From a system planner’s point of view, the anomaly detection process, as well as the evaluation of the precision of a prediction, is therefore a comparison of the expected system state (a planned value) with the actual system state (an actual value). In this definition, anomalies are not the result of noisy data, expected malfunctions, or errors using the prediction models but rather novel deviations not explainable by the underlying prediction process (Spoor et al., 2022). Therefore, anomalies in the measured data are the limitations of these prediction models, if measurement and prediction differ in a substantial manner from the normal data model (Mehrotra et al., 2017). Hereby, global anomalies are referred to as systematic differences between measurements and prediction within the whole time series and local anomalies are distinguishable time frames and spots containing anomalous values. Local anomalies can be further divided into point outlier, contextual anomalies, and collective anomalies (Lindemann et al., 2021). Future challenges in anomaly detection for time series in Internet of Things application are given by Cook et al. (2020) as the development of unsupervised methods, real-time processing, and the generalization of methods.

We propose a novel methodology for the detection and evaluation of global and local anomalies in systems with a discrete measurement and prediction process for multivariate time series data. The idea is to compare the measured covariance matrix and a theoretically derived covariance matrix for which is assumed that only noise conceals the measurements. The comparison is conducted by an entropy measure for finding global anomalies and the application of the Wasserstein metric is used as a measure to compare the amount of anomalous behavior of different predictions. In addition, a local anomaly detection is conducted by applying the Mahalanobis distance using the theoretical noise covariance matrix.
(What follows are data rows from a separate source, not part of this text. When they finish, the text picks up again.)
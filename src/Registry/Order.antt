-- ===== src/Registry/Order.antt =====
-- The keys of the registry, their equality and the order in which `Snapshot` lists them.
use gatus_sidecar.Prelude.{
  String, ◌≡◌, ◌↔◌, Bool, false, ◌&&◌, arith, ◌==◌, string_eq, Eq, str_less, str_less-IsOrder,
  str_less_antisym,
}
use gatus_sidecar.Prelude.Order.{IsOrder, lexicographic, lexicographic-IsOrder, lexicographic_tie}

pub record Key : Type 0 where
  pub kind : String
  pub namespace : String
  pub name : String

unfoldable pub key_beq : Key → Key → Bool
key_beq a b = a.kind == b.kind && a.namespace == b.namespace && a.name == b.name

pub key_beq_iff : (a b : Key) → (key_beq a b ≡ Bool.true) ↔ (a ≡ b)
unfolding key_beq
key_beq_iff a b = (
  (λ h. ground (
    arith,
    string_eq.beq_iff a.kind b.kind,
    string_eq.beq_iff a.namespace b.namespace,
    string_eq.beq_iff a.name b.name,
  )),
  λ h. ground (
    arith,
    string_eq.beq_iff a.kind b.kind,
    string_eq.beq_iff a.namespace b.namespace,
    string_eq.beq_iff a.name b.name,
  ),
)

instance abbrev pub key_eq : Eq Key
key_eq = record { beq = key_beq; beq_iff = key_beq_iff }

abbrev by_name : Key → Key → Bool
by_name a b = str_less a.name b.name

abbrev by_namespace : Key → Key → Bool
by_namespace = lexicographic str_less (λ k. k.namespace) by_name

-- The test that `Snapshot` hands to `sort.Slice`.
unfoldable pub key_less : Key → Key → Bool
key_less = lexicographic str_less (λ k. k.kind) by_namespace

by_name-IsOrder : IsOrder by_name
by_name-IsOrder = record {
  asym = λ a b. str_less-IsOrder.asym a.name b.name;
  trans = λ a b c. str_less-IsOrder.trans a.name b.name c.name;
}

by_namespace-IsOrder : IsOrder by_namespace
by_namespace-IsOrder =
    lexicographic-IsOrder str_less-IsOrder str_less_antisym (λ k. k.namespace) by_name
      by_name-IsOrder

pub key_less-IsOrder : IsOrder key_less
unfolding key_less
key_less-IsOrder =
    lexicographic-IsOrder str_less-IsOrder str_less_antisym (λ k. k.kind) by_namespace
      by_namespace-IsOrder

-- Two keys tie only if they are equal.
pub key_less_antisym : (a b : Key) → key_less a b ≡ false → key_less b a ≡ false → a ≡ b
unfolding key_less
key_less_antisym a b h k =
    let (kinds, h', k') =
      lexicographic_tie str_less-IsOrder str_less_antisym (λ x. x.kind) by_namespace a b h k in
    let (spaces, h'', k'') =
      lexicographic_tie str_less-IsOrder str_less_antisym (λ x. x.namespace) by_name a b h' k' in
    let names = str_less_antisym a.name b.name h'' k'' in
    λ i. record { kind = kinds i; namespace = spaces i; name = names i }
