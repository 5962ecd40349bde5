-- ===== src/Registry.antt =====
-- internal/registry/registry.go: the endpoints of every source object, and the signal that they
-- changed. A call of the registry is a function of its state; the mutex is the field `locked`, so
-- that a call that panics before it unlocks leaves its trace. The two halves of `Set`, under the
-- lock and after it, are `store` and `notify`.
pub mod Compare
pub mod Order
pub mod Laws
pub mod Settled
pub mod Panics
pub mod Snapshot
pub mod Tests
use gatus_sidecar.Prelude.{
  ℕ, suc, String, Bool, true, false, Option, none, some, List, [], ◌∷◌, ◌++◌, map, ◌==◌,
  if◌then◌else◌,
}
use gatus_sidecar.Prelude.Assoc
use gatus_sidecar.Prelude.Assoc.{Assoc}
use gatus_sidecar.Prelude.Order.{stable_sort}
use gatus_sidecar.Config.Endpoint.{Endpoint}
use Compare.{equal_endpoints}
use Order.{Key, key_eq, key_less}

pub record Registry : Type 0 where
  pub entries : Assoc Key (List Endpoint)
  -- The channel of capacity 1 holds a notification.
  pub changed : Bool
  pub locked : Bool

abbrev pub new : Registry
new = record { entries = []; changed = false; locked = false }

-- What a call does: it returns, it panics, or it waits for a mutex that is never unlocked.
pub data Outcome {ℓ} (A : Type ℓ) : Type ℓ where
  returned : A → Registry → Outcome A
  panicked : Registry → Outcome A
  blocked : Outcome A

-- `select { case r.changed <- struct{}{}: default: }`
unfoldable pub notify : Registry → Registry
notify r = record r { changed = true }

-- `if present && equalEndpoints(existing, endpoints)`, given what the comparison answers.
unfoldable pub replace : Registry → Key → List Endpoint → Option Bool → Outcome Bool
replace r key endpoints none = panicked (record r { locked = true })
replace r key endpoints (some true) = returned false r
replace r key endpoints (some false) =
    returned true (record r { entries = Assoc.put key endpoints r.entries })

-- The part of `Set` under the lock, for `r.entries[key]`: whether the entries changed.
unfoldable pub store : Registry → Key → List Endpoint → Option (List Endpoint) → Outcome Bool
unfolding replace
store r key [] none = returned false r
store r key [] (some existing) = returned true (record r { entries = Assoc.remove key r.entries })
store r key (e ∷ es) none = returned true (record r { entries = Assoc.put key (e ∷ es) r.entries })
store r key (e ∷ es) (some existing) = replace r key (e ∷ es) (equal_endpoints existing (e ∷ es))

signal : Outcome Bool → Outcome Bool
unfolding notify
signal (returned true r) = returned true (notify r)
signal (returned false r) = returned false r
signal (panicked r) = panicked r
signal blocked = blocked

unfoldable pub set : Registry → Key → List Endpoint → Outcome Bool
unfolding store signal
set r key endpoints =
    if r.locked then blocked else signal (store r key endpoints (Assoc.lookup key r.entries))

unfoldable pub delete : Registry → Key → Outcome Bool
unfolding set
delete r key = set r key []

unfoldable pub touch : Registry → Registry
unfolding notify
touch r = notify r

or_empty {ℓ} : {A : Type ℓ} → Option (List A) → List A
or_empty none = []
or_empty (some xs) = xs

keys {ℓ κ} : {K : Type ℓ} {V : Type κ} → Assoc K V → List K
keys [] = []
keys ((k, v) ∷ m) = k ∷ keys m

-- `out = append(out, r.entries[k]...)` for each key in turn.
gather : Assoc Key (List Endpoint) → List Key → List Endpoint
unfolding or_empty
gather entries [] = []
gather entries (k ∷ ks) = or_empty (Assoc.lookup k entries) ++ gather entries ks

-- The endpoints, in the order of their keys.
unfoldable pub collect : Assoc Key (List Endpoint) → List Endpoint
unfolding gather keys
collect entries = gather entries (stable_sort key_less (keys entries))

unfoldable pub snapshot : Registry → Outcome (List Endpoint)
unfolding collect
snapshot r = if r.locked then blocked else returned (collect r.entries) r

count {ℓ} : {A : Type ℓ} → List A → ℕ
count [] = 0
count (x ∷ xs) = suc (count xs)

unfoldable pub len : Registry → Outcome ℕ
unfolding count
len r = if r.locked then blocked else returned (count r.entries) r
This methodology improves the state-of-the-art of anomaly detection of multivariate time series by enabling a local as well as global anomaly detection without prior clustering, training data, or the use of a correct time series as baseline. Furthermore, this methodology provides a novel measure for selecting the best prediction function to improve model selection for nonlinear systems.

This contribution starts with an overview of the current literature for anomaly detection in time series data. Subsequently, the theoretical derivations for the methodology and the setup of the theoretical noise covariance matrix are discussed. Based on the derived methodology, a simulation study using logistic growth as an example of a nonlinear time series is conducted to prove the capabilities of our proposed method for a local and global anomaly detection. In addition, a use case is discussed to compare the amount of anomalous factors in predictors of satellite orbits using the Wasserstein metric. Thereafter, our proposed method is discussed and a conclusion is given.

Literature review

Multiple papers discuss anomaly detection in multivariate and univariate time series. In the case of a local anomaly detection in multivariate time series, Blázquez-García et al. (2021) distinguish model-based approaches (either by prediction or estimation), methods using histograms (for point outliers), and dissimilarity-based approaches. For a global anomaly detection, Blázquez-García et al. (2021) name dissimilarity-based approaches and dimensionality reduction as techniques.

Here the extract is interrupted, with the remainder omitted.